Work item - For this exercise, please reproduce the records below word for word, from the first line through the line with "registered_port-eq-ok (ok none)".

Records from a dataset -
----------------

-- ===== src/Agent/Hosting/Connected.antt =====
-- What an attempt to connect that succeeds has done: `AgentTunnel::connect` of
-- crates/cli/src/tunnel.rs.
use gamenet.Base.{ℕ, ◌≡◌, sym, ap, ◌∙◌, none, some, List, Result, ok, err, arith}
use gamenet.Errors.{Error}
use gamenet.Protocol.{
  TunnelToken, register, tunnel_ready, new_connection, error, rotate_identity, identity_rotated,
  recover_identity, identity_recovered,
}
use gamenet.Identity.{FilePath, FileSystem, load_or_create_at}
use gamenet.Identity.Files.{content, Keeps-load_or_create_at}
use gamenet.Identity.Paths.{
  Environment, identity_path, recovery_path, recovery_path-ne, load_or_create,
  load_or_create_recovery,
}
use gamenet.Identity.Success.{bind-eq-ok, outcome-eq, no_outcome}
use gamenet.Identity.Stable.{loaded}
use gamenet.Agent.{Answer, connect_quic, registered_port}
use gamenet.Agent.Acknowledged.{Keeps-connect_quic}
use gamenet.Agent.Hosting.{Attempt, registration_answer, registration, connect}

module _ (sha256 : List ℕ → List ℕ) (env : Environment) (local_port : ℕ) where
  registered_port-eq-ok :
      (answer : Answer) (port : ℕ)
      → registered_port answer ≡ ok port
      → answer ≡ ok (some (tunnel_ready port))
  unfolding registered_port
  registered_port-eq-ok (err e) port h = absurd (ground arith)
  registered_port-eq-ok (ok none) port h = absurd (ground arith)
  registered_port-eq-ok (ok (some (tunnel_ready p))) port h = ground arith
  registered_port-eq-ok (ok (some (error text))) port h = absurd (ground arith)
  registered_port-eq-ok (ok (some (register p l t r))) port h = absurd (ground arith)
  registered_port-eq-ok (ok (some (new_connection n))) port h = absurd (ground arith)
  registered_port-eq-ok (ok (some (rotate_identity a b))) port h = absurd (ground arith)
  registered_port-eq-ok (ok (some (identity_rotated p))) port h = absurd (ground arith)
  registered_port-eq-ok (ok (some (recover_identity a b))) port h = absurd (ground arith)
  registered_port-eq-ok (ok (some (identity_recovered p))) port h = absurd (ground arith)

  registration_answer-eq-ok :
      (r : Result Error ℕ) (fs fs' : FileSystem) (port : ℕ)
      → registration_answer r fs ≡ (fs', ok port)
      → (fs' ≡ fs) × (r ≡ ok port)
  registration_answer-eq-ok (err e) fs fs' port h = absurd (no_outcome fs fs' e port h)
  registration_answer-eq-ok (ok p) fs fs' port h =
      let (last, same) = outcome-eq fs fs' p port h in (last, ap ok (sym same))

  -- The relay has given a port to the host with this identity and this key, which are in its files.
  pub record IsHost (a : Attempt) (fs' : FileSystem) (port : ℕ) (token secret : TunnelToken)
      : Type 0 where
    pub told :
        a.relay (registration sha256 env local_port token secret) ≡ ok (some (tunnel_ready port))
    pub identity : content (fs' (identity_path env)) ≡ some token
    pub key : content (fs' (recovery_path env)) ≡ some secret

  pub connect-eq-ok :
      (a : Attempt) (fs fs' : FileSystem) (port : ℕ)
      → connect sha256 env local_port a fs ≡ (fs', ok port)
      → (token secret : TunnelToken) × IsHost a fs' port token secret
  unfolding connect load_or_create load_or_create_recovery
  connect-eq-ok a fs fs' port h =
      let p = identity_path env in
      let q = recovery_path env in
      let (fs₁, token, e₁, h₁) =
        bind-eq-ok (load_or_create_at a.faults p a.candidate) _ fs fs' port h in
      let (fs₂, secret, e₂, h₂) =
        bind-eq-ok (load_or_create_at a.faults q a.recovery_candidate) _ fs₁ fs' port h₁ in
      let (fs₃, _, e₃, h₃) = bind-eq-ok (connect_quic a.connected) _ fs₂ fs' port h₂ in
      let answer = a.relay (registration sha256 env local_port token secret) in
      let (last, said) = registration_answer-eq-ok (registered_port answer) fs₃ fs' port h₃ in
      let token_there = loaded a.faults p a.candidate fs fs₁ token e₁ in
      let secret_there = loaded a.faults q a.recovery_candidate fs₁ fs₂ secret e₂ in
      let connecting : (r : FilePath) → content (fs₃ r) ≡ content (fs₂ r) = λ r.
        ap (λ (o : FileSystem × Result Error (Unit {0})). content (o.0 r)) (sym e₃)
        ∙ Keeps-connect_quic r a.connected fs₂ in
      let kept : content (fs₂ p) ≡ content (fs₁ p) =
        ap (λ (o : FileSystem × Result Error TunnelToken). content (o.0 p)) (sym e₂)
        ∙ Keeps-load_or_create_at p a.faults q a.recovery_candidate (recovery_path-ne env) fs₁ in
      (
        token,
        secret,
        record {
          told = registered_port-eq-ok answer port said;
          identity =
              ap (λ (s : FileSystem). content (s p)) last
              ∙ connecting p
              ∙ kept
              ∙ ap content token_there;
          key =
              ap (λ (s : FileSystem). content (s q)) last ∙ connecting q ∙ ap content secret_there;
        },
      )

----------------

Exercise result -
-- ===== src/Agent/Hosting/Connected.antt =====
-- What an attempt to connect that succeeds has done: `AgentTunnel::connect` of
-- crates/cli/src/tunnel.rs.
use gamenet.Base.{ℕ, ◌≡◌, sym, ap, ◌∙◌, none, some, List, Result, ok, err, arith}
use gamenet.Errors.{Error}
use gamenet.Protocol.{
  TunnelToken, register, tunnel_ready, new_connection, error, rotate_identity, identity_rotated,
  recover_identity, identity_recovered,
}
use gamenet.Identity.{FilePath, FileSystem, load_or_create_at}
use gamenet.Identity.Files.{content, Keeps-load_or_create_at}
use gamenet.Identity.Paths.{
  Environment, identity_path, recovery_path, recovery_path-ne, load_or_create,
  load_or_create_recovery,
}
use gamenet.Identity.Success.{bind-eq-ok, outcome-eq, no_outcome}
use gamenet.Identity.Stable.{loaded}
use gamenet.Agent.{Answer, connect_quic, registered_port}
use gamenet.Agent.Acknowledged.{Keeps-connect_quic}
use gamenet.Agent.Hosting.{Attempt, registration_answer, registration, connect}

module _ (sha256 : List ℕ → List ℕ) (env : Environment) (local_port : ℕ) where
  registered_port-eq-ok :
      (answer : Answer) (port : ℕ)
      → registered_port answer ≡ ok port
      → answer ≡ ok (some (tunnel_ready port))
  unfolding registered_port
  registered_port-eq-ok (err e) port h = absurd (ground arith)
  registered_port-eq-ok (ok none) port h = absurd (ground arith)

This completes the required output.